Required action
Which lines of the entries below contain the string "more"? Copy each one.

The data
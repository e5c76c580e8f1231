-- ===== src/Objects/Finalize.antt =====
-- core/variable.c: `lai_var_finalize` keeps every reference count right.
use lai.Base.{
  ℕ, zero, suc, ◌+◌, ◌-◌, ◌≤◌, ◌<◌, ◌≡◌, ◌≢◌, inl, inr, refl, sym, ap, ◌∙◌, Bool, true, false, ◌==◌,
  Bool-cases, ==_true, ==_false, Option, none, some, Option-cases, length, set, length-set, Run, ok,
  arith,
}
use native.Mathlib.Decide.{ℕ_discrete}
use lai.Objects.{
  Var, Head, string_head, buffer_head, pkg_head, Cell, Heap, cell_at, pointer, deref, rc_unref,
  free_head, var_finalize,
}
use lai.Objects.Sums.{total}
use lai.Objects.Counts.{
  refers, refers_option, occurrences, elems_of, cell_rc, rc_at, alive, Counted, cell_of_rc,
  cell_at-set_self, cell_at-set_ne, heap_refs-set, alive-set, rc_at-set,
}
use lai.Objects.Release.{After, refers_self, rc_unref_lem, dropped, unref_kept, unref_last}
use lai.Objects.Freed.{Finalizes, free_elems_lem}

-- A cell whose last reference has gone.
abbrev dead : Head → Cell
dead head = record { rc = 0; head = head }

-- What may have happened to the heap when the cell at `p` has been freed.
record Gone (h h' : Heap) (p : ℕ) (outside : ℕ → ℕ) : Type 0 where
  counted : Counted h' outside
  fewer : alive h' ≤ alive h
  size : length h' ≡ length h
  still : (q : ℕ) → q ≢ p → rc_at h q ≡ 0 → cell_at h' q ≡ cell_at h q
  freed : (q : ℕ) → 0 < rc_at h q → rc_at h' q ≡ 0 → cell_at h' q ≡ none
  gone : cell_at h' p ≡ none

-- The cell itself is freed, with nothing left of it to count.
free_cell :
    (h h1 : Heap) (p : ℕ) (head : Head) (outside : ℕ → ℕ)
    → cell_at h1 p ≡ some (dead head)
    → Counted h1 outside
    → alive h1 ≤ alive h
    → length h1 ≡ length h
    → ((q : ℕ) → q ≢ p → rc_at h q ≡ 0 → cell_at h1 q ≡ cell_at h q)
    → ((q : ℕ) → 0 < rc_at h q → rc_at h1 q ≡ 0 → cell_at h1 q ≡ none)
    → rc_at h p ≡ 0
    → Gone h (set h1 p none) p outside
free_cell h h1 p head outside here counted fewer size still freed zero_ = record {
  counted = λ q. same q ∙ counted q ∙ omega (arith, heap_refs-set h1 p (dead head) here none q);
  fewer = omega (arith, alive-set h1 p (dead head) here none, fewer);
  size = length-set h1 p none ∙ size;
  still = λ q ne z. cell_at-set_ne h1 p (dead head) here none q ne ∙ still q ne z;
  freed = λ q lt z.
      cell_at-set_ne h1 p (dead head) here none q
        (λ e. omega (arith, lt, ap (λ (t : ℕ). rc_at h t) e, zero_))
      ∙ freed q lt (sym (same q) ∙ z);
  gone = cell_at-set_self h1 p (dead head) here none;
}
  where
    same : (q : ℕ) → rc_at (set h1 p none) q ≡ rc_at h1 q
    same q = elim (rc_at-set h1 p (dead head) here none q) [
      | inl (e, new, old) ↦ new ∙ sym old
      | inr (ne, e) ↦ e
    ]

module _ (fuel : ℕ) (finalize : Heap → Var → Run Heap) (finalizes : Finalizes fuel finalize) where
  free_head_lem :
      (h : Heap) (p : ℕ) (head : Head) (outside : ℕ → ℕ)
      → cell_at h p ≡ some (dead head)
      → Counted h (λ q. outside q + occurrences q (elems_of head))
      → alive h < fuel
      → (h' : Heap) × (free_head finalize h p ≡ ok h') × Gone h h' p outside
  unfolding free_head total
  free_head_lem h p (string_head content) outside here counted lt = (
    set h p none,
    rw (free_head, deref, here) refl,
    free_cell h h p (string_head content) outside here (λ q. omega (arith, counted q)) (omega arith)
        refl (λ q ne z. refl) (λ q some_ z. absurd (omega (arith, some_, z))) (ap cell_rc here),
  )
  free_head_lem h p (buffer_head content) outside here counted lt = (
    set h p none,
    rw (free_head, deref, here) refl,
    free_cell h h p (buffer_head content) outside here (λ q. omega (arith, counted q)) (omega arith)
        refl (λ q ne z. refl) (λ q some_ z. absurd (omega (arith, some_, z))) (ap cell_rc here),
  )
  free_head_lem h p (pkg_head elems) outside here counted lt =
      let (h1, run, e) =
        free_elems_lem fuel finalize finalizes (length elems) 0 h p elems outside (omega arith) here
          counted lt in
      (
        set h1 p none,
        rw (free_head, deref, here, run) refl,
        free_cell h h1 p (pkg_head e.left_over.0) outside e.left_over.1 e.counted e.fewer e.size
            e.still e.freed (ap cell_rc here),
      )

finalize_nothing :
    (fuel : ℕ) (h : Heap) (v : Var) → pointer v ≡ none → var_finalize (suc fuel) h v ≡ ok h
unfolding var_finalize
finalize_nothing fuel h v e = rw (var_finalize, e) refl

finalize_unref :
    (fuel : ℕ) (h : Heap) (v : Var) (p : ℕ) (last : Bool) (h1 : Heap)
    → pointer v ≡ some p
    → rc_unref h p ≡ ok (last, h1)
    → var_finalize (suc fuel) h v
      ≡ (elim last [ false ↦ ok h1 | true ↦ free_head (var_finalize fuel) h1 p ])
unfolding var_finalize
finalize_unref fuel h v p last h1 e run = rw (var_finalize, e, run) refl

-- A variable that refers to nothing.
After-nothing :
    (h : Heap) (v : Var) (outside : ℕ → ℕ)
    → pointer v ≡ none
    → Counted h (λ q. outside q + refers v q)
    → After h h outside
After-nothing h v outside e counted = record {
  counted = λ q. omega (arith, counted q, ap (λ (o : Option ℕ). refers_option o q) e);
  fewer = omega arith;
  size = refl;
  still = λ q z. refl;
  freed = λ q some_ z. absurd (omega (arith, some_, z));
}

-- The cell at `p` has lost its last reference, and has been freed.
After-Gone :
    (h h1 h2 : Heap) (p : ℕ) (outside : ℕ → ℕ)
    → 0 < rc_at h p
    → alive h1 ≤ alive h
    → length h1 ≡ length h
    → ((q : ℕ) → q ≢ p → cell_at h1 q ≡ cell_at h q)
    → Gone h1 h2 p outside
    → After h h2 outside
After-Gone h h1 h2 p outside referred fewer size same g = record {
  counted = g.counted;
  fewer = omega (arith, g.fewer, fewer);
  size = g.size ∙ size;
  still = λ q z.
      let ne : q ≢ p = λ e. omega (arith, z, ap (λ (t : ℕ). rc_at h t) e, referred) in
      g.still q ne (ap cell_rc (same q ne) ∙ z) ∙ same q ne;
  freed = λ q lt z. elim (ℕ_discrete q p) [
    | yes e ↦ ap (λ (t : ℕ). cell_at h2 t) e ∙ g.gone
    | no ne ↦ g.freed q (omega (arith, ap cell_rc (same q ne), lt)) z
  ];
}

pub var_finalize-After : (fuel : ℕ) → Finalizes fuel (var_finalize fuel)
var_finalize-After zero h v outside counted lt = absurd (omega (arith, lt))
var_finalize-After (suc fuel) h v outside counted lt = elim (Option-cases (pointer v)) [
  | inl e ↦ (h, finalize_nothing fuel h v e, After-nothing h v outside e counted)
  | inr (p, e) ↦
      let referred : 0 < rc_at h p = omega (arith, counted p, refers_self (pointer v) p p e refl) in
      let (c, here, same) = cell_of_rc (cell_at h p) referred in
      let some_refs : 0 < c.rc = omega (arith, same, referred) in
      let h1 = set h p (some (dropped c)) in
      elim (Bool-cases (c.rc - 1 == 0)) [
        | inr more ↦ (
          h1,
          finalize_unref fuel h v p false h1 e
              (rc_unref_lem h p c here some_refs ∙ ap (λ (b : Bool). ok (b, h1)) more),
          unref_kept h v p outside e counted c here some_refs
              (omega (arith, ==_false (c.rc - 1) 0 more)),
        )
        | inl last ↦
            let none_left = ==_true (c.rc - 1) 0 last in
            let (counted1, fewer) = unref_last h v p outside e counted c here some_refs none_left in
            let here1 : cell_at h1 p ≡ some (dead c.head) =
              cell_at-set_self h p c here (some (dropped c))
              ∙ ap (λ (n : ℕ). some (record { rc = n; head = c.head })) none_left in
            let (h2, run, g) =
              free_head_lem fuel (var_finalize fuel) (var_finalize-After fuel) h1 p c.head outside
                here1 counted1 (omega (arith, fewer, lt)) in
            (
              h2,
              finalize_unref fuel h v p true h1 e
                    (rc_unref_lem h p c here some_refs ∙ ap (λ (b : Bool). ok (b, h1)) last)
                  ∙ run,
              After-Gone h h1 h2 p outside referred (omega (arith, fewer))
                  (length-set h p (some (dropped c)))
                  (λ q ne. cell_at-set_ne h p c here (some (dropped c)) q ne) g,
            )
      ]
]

==

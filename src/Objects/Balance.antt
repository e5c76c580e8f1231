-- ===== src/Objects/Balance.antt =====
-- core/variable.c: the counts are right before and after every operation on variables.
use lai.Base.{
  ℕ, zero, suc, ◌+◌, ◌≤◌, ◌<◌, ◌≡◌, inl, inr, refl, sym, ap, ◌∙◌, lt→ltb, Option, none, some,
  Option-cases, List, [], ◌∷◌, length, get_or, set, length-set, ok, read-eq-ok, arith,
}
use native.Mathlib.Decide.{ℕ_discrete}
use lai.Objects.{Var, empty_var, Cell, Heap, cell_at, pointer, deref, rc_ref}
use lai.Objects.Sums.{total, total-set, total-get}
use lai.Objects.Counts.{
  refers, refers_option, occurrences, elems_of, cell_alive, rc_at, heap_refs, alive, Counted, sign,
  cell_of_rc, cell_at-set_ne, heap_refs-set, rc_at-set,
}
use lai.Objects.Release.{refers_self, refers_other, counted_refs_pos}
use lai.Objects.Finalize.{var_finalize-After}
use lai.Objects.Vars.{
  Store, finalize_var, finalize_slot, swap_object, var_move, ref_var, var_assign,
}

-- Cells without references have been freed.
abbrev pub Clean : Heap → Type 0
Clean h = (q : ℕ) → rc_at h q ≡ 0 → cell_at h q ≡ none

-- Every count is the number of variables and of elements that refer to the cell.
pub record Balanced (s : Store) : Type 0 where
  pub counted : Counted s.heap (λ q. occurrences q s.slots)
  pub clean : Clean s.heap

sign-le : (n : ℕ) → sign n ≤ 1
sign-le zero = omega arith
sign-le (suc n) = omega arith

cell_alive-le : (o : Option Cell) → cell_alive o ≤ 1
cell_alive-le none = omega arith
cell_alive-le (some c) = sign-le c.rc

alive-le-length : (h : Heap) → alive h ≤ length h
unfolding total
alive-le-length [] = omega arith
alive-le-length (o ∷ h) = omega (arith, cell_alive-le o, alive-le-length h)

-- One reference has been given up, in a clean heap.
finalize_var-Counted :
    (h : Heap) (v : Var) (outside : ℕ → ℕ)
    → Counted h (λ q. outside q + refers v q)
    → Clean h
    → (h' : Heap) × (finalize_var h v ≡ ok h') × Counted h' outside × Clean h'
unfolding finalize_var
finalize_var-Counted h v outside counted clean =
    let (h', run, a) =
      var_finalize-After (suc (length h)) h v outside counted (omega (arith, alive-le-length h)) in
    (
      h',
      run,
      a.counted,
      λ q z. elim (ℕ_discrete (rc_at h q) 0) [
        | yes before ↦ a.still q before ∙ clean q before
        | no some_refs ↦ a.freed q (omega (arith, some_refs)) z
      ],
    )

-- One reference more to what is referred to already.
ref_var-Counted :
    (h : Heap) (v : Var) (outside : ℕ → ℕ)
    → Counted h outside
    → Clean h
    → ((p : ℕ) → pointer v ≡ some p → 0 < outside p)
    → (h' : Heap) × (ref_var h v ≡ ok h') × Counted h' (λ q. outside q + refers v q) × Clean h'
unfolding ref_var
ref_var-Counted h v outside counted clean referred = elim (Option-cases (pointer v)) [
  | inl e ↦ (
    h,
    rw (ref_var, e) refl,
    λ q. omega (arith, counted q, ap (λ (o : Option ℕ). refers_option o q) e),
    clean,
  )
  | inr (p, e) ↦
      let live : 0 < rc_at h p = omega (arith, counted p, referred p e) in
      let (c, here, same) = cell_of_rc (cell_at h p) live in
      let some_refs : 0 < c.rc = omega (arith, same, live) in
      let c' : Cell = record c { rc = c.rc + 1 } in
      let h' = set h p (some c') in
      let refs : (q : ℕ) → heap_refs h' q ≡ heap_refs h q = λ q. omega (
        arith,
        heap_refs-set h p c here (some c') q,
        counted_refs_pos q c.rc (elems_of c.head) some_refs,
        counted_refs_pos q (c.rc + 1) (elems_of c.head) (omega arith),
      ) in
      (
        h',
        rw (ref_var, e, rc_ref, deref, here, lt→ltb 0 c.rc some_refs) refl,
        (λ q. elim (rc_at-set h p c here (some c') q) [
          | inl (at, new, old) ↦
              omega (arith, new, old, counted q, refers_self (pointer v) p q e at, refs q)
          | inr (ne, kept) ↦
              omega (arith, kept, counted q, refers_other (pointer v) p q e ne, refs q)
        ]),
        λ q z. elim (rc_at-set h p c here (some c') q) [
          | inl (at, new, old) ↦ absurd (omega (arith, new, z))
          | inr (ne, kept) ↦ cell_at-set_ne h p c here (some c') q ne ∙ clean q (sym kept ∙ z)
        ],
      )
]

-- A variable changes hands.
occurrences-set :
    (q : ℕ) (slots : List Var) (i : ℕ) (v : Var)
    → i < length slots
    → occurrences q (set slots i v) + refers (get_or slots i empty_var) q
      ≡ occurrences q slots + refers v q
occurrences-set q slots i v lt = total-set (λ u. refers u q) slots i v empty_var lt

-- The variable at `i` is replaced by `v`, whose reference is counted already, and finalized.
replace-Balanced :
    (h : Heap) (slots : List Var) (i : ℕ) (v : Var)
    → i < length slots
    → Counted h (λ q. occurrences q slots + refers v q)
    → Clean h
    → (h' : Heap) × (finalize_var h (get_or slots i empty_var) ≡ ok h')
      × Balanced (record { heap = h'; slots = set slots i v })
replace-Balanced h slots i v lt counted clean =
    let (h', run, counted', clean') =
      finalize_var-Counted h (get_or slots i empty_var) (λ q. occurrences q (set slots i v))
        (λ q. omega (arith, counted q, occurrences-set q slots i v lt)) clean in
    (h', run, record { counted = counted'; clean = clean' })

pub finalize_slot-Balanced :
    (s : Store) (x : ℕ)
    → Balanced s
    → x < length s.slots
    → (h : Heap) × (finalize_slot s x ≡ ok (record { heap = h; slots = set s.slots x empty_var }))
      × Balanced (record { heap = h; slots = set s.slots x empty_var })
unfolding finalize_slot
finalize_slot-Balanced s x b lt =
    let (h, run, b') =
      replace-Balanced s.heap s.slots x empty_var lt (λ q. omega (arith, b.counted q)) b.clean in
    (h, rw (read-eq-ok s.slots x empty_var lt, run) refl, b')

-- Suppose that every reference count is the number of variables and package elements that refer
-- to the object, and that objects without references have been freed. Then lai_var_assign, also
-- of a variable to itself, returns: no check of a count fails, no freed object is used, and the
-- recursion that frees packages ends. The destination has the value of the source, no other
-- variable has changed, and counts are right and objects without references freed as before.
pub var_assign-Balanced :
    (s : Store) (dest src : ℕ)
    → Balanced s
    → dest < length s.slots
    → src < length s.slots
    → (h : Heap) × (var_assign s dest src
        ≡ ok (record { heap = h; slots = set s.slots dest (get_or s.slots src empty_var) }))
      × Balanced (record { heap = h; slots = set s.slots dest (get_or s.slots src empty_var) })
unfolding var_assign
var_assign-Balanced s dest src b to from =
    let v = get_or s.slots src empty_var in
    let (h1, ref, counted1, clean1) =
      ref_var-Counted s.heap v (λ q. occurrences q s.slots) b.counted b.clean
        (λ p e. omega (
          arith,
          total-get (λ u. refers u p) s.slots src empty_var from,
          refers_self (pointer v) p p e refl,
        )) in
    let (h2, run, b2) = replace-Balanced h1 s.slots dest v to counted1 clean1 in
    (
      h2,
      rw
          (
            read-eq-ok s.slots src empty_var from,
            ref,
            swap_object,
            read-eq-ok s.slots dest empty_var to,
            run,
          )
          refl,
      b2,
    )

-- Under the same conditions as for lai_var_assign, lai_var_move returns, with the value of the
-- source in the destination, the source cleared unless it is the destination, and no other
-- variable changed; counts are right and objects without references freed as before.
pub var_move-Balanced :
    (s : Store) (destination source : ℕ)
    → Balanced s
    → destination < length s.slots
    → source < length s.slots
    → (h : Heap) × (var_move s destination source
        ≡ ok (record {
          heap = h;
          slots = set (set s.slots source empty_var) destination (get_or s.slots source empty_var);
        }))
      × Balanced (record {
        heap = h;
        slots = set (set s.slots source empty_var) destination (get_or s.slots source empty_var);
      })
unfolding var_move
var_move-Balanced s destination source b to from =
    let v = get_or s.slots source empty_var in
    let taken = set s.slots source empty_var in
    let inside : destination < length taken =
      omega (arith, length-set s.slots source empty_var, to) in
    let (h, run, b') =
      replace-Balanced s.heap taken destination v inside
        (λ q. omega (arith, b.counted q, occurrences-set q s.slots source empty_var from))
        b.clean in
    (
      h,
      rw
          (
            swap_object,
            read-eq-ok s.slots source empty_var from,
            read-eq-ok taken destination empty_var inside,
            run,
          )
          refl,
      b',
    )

Written solution
        | inr more ↦ (
              (rc_unref_lem h p c here some_refs ∙ ap (λ (b : Bool). ok (b, h1)) more),
              (omega (arith, ==_false (c.rc - 1) 0 more)),
-- One reference more to what is referred to already.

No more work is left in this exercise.